6. Imam Suyuti berkata, "Menurut saya asal perayaan Maulid Nabi SAW, yaitu manusia berkumpul, membaca al-Qur'an dan kisah-kisah teladan Nabi SAW sejak kelahirannya sampai perjalanan hidupnya. Kemudian dihidangkan makanan yang dinikmati bersama, setelah itu mereka pulang. Hanya itu yang dilakukan, tidak lebih. Semua itu tergolong bid'ah hasanah. Orang yang melakukannya diberi pahala karena mengagungkan derajat Nabi SAW, menampakkan suka cita dan kegembiraan atas kelahiran Nabi Muhamad SAW yang mulia."

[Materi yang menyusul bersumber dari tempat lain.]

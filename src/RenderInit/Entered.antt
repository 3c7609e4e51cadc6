-- ===== src/RenderInit/Entered.antt =====
-- The stages of nugpgpu_ringbuffer_render_init up to the start of the ring, with what each leaves for
-- the GPU to find.
use mathlib.Core.Path.{subst}
use nugpgpu.Prelude.{
  ℕ, ◌+◌, ◌*◌, ◌^◌, ◌<◌, ◌≤◌, ◌≡◌, ◌⊎◌, inl, inr, ◌∙◌, refl, sym, ap, arith, Bool, true, false,
  List, length, length-reverse, Option,
}
use nugpgpu.Platform.{Platform}
use nugpgpu.Services.{Services, SgTable}
use nugpgpu.Machine.{State, Ring, GpuGtt, Obj, KernelCall, Status, success, failure}
use nugpgpu.Gtt.{page_size, tell, is_error, nugpgpu_gtt_insert}
use nugpgpu.Gtt.Fields.{gtt_insert-fields}
use nugpgpu.Gtt.Table.{entry_at}
use nugpgpu.Gtt.Sequence.{IsMapped, IsMapped-entries, inserted}
use nugpgpu.Memmgr.{allocate_object}
use nugpgpu.Memmgr.Fields.{allocate_object-SameFields}
use nugpgpu.Memmgr.Object.{allocate_object-IsAllocated}
use nugpgpu.Memmgr.Pages.{frames_of}
use nugpgpu.Memmgr.Visible.{addresses_of, length-addresses_of}
use nugpgpu.Selftest.{table_of, cache_llc}
use nugpgpu.RenderInit.{
  ring_pages, start_ring, start_mapped, ring_mapped, ring_inserted, ring_allocated, status_mapped,
  status_inserted, status_allocated,
}

-- The physical addresses of the pages of a table, and of an object's.
abbrev pub pages_of : SgTable → List ℕ
pages_of st = addresses_of (frames_of st.sgl)

abbrev pub object_pages : Obj → List ℕ
object_pages obj = pages_of (table_of obj)

-- An object of `num` pages, of whose table all entries that are set are counted in `nents`.
abbrev pub IsCounted : SgTable → Type 0
IsCounted st = st.nents ≡ length st.sgl

abbrev pub HasPages : ℕ → Obj → Type 0
HasPages num obj = (length (object_pages obj) ≡ num) × IsCounted (table_of obj)

is_error_lem : (ret : Status) → is_error ret ≡ false → ret ≡ success
is_error_lem ret e = ground arith

module _ {W : Type 0} ⦃p : Platform W⦄ ⦃k : Services W⦄
    (fits : (page : ℕ) → k.page_to_pfn page + 1 < 2 ^ 64) where
  pub object_pages-allocated :
      (obj : Obj) (num : ℕ) (s : State W)
      → num * page_size < 2 ^ 32
      → is_error (allocate_object obj num s).0.0 ≡ false
      → HasPages num (allocate_object obj num s).0.1
  object_pages-allocated obj num s small done =
      let (st, listed, (ps, taken, all, frames), runs, counted, few) =
        allocate_object-IsAllocated obj num s fits small (is_error_lem _ done) in
      subst (λ (o : Option SgTable). HasPages num (record { pg_list = o })) (sym listed)
        (
          length-addresses_of (frames_of st.sgl) ∙ ap length frames ∙ length-reverse ps ∙ all,
          counted,
        )

  module _
      (direct : (st : SgTable) (w : W) → IsCounted st → k.sg_page_dma_addresses st w ≡ pages_of st)
      (gsm e : ℕ) (room : e + 33 < 2 ^ 20) where
    -- The status page is entered, in the entry `e`.
    abbrev pub StatusIn : State W → Type 0
    StatusIn t =
        (t.gtt.gsm ≡ gsm)
        × (t.ring.gva_status ≡ e * page_size)
        × (length (object_pages t.ring.status_obj) ≡ 1)
        × IsMapped pages_of gsm t.log e (table_of t.ring.status_obj)

    -- So is the ring, in the 32 entries after it.
    abbrev pub RingIn : State W → Type 0
    RingIn t =
        (t.ring.gva_ringbuffer ≡ (e + 1) * page_size)
        × (length (object_pages t.ring.ringbuf_obj) ≡ ring_pages)
        × IsMapped pages_of gsm t.log (e + 1) (table_of t.ring.ringbuf_obj)

    abbrev pub Starts : Status × State W → Type 0
    Starts r = (r.0 ≡ failure) ⊎ ((u : State W) × (r ≡ start_ring u) × StatusIn u × RingIn u)

    start_mapped-Starts :
        (failed : Bool) (t : State W) → StatusIn t → RingIn t → Starts (start_mapped failed t)
    unfolding start_mapped
    start_mapped-Starts true t h g = inl refl
    start_mapped-Starts false t h g = inr (t, refl, h, g)

    ring_mapped-Starts :
        (failed : Bool) (t : State W) → StatusIn t → RingIn t → Starts (ring_mapped failed t)
    unfolding ring_mapped
    ring_mapped-Starts true t h g = inl refl
    ring_mapped-Starts false t h g = start_mapped-Starts _ _ h g

    ring_inserted-Starts :
        (failed : Bool) (t : State W) → StatusIn t → RingIn t → Starts (ring_inserted failed t)
    unfolding ring_inserted
    ring_inserted-Starts true t h g = inl refl
    ring_inserted-Starts false t h g = ring_mapped-Starts _ _ h g

    -- A table that was entered is found as well after a step that leaves its entries alone.
    IsMapped-kept :
        (first bound : ℕ) (t u : State W) (st st' : SgTable)
        → st' ≡ st
        → first + length (pages_of st) ≤ bound
        → ((index : ℕ) → index < bound → entry_at gsm index u.log ≡ entry_at gsm index t.log)
        → IsMapped pages_of gsm t.log first st
        → IsMapped pages_of gsm u.log first st'
    IsMapped-kept first bound t u st st' same few keeps h =
        subst (IsMapped pages_of gsm u.log first) (sym same) (
          IsMapped-entries pages_of gsm first t.log u.log st
            (λ index low. keeps index (omega arith)) h)

    ring_allocated-Starts :
        (failed : Bool) (t : State W)
        → t.gtt_entry ≡ e + 1
        → StatusIn t
        → (failed ≡ false → HasPages ring_pages t.ring.ringbuf_obj)
        → Starts (ring_allocated failed t)
    unfolding ring_allocated
    ring_allocated-Starts true t cursor h many = inl refl
    ring_allocated-Starts false t cursor (table, at, one, found) many =
        let st = table_of t.ring.ringbuf_obj in
        let (all, counted) = many refl in
        let u = (nugpgpu_gtt_insert st cache_llc t).1 in
        let (_, same, ring) = gtt_insert-fields st cache_llc t in
        let (va, next, gsm_kept, keeps, mapped) =
          inserted pages_of cache_llc st t (λ w. direct st w counted)
            (omega (arith, all, cursor)) in
        ring_inserted-Starts _ _
          (
            gsm_kept ∙ table,
            ap (λ (r : Ring). r.gva_status) ring ∙ at,
            ap (λ (r : Ring). length (object_pages r.status_obj)) ring ∙ one,
            IsMapped-kept e t.gtt_entry t u (table_of t.ring.status_obj) _
                (ap (λ (r : Ring). table_of r.status_obj) ring) (omega (arith, one, cursor))
                (subst
                  (λ (g : ℕ).
                    (index : ℕ)
                    → index < t.gtt_entry
                    → entry_at g index u.log ≡ entry_at g index t.log)
                  table keeps)
                found,
          )
          (
            va ∙ ap (λ (n : ℕ). n * page_size) cursor,
            ap (λ (r : Ring). length (object_pages r.ringbuf_obj)) ring ∙ all,
            subst (λ (r : Ring). IsMapped pages_of gsm u.log (e + 1) (table_of r.ringbuf_obj))
                (sym ring)
                (subst (λ (g : ℕ). IsMapped pages_of g u.log (e + 1) st) table
                  (subst (λ (n : ℕ). IsMapped pages_of t.gtt.gsm u.log n st) cursor mapped)),
          )

    status_mapped-Starts :
        (failed : Bool) (t : State W)
        → t.gtt_entry ≡ e + 1
        → StatusIn t
        → Starts (status_mapped failed t)
    unfolding status_mapped
    status_mapped-Starts true t cursor h = inl refl
    status_mapped-Starts false t cursor (table, at, one, found) =
        let u =
          (tell (k.memset_page t.ring.page_status) (KernelCall.memset_page t.ring.page_status)
            t).1 in
        let v = (allocate_object t.ring.ringbuf_obj ring_pages u).1 in
        let (same, next, ring, stored) =
          allocate_object-SameFields t.ring.ringbuf_obj ring_pages u in
        ring_allocated-Starts _ _ (next ∙ cursor)
          (
            ap (λ (g : GpuGtt). g.gsm) same ∙ table,
            ap (λ (r : Ring). r.gva_status) ring ∙ at,
            ap (λ (r : Ring). length (object_pages r.status_obj)) ring ∙ one,
            IsMapped-kept e (e + 1) t v (table_of t.ring.status_obj) _
                (ap (λ (r : Ring). table_of r.status_obj) ring) (omega (arith, one))
                (λ index low. stored (gsm + 4 * index)) found,
          )
          (object_pages-allocated t.ring.ringbuf_obj ring_pages u (omega arith))

    status_inserted-Starts :
        (failed : Bool) (t : State W)
        → t.gtt_entry ≡ e + 1
        → StatusIn t
        → Starts (status_inserted failed t)
    unfolding status_inserted
    status_inserted-Starts true t cursor h = inl refl
    status_inserted-Starts false t cursor h = status_mapped-Starts _ _ cursor h

    pub status_allocated-Starts :
        (failed : Bool) (t : State W)
        → t.gtt.gsm ≡ gsm
        → t.gtt_entry ≡ e
        → (failed ≡ false → HasPages 1 t.ring.status_obj)
        → Starts (status_allocated failed t)
    unfolding status_allocated
    status_allocated-Starts true t table cursor one = inl refl
    status_allocated-Starts false t table cursor one =
        let st = table_of t.ring.status_obj in
        let (all, counted) = one refl in
        let u = (nugpgpu_gtt_insert st cache_llc t).1 in
        let (_, same, ring) = gtt_insert-fields st cache_llc t in
        let (va, next, gsm_kept, keeps, mapped) =
          inserted pages_of cache_llc st t (λ w. direct st w counted)
            (omega (arith, all, cursor)) in
        status_inserted-Starts _ _ (omega (arith, next, cursor, all)) (
          gsm_kept ∙ table,
          va ∙ ap (λ (n : ℕ). n * page_size) cursor,
          ap (λ (r : Ring). length (object_pages r.status_obj)) ring ∙ all,
          subst (λ (r : Ring). IsMapped pages_of gsm u.log e (table_of r.status_obj)) (sym ring)
              (subst (λ (g : ℕ). IsMapped pages_of g u.log e st) table
                (subst (λ (n : ℕ). IsMapped pages_of t.gtt.gsm u.log n st) cursor mapped)),
        )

7. Syeh Azhar Husnain Muhammad Makhluf mengatakan, "Menghidupkan malam maulid nabi dan malam-malam bulan Rabiul Awal ini adalah dengan memperbanyak dzikir kepada Allah, memperbanyak syukur dengan nikmat-nikmat yang diturunkan termasuk nikmat dilahirkannya Rasulullah SAW di dunia ini. Memperingatinya sebaiknya dengan cara yang santun dan khusu' dan menjauhi hal-hal yang dilarang agama seperti amalan-amalan bid'ah dan kemungkaran. Dan termasuk cara bersyukur adalah menyantuni orang-orang susah, menjalin silaturrahmi. Cara itu meskipun tidak dilakukan pada zaman Rasulullah s.a.w. dan tidak juga pada masa salaf terdahulu namun baik untuk dilakukan termasuk sunnah hasanah."

8. Seorang ulama Turkmenistan Mubasshir al-Thirazi mengatakan, "Mengadakan perayaan Maulid Nabi Muhammad SAW saat ini bisa jadi merupakan kewajiban yang harus kita laksanakan, untuk mengkonter perayaan-perayaan kotor yang sekarang ini sangat banyak kita temukan di masyarakat." Rasulullah SAW sendiri mensyukuri atas kelahirannya. Dalam sebuah hadis dinyatakan, "Dari Abi Qotadah al-Anshori RA sesungguhnya Rasulullah SAW pernah ditanya mengenai puasa hari Senin. Rasulullah SAW menjawab, "Pada hari itu aku dilahirkan dan wahyu diturunkan kepadaku". (H.R. Muslim, Abud Dawud, Tirmidzi, Nasa'I, Ibnu Majah, Ahmad, Ibnu Khuzaimah, Ibnu Hibban, Ibnu Abi Syaibah dan Baghawi).

9. Diriwayatkan dari Imam Bukhori bahwa Abu Lahab setiap hari senin diringankan siksanya dengan sebab memerdekakan budak Tsuwaybah sebagai ungkapan kegembiraannya atas kelahiran Rasulullah SAW. Jika Abu Lahab yang non-muslim dan al-Qur'an jelas mencelanya, diringankan siksanya lantaran ungkapan kegembiraan atas kelahiran Rasulullah SAW, maka bagaimana dengan orang yang beragama Islam yang gembira dengan kelahiran Rasulullah SAW.

Jika timbul pertanyaan, perayaan Maulid Nabi yang datangnya pada bulan Robi'ul Awwal, juga bertepatan dengan bulan wafatnya Rasulullah SAW, mengapa tidak ada luapan kesedihan  atas wafatnya beliau? Imam Suyuthi menjelaskan: "Kelahiran Nabi SAW adalah kenikmatan terbesar untuk kita, sementara wafatnya beliau adalah musibah terbesar atas kita. Sedangkan syariat memerintahkan kita untuk menampakkan rasa syukur atas nikmat dan bersabar serta diam dan merahasiakan atas cobaan yang menimpa. Terbukti agama memerintahkan untuk menyembelih kambing sebagai 'aqiqoh pada saat kelahiran anak, dan tidak memerintahkan menyembelih hewan pada saat kematian, maka kaidah syariat menunjukkan bahwa yang baik pada bulan ini adalah menampakkan kegembiraan atas kelahiran Rasulullah SAW bukan menampakkan kesusahan atas musibah yang menimpa.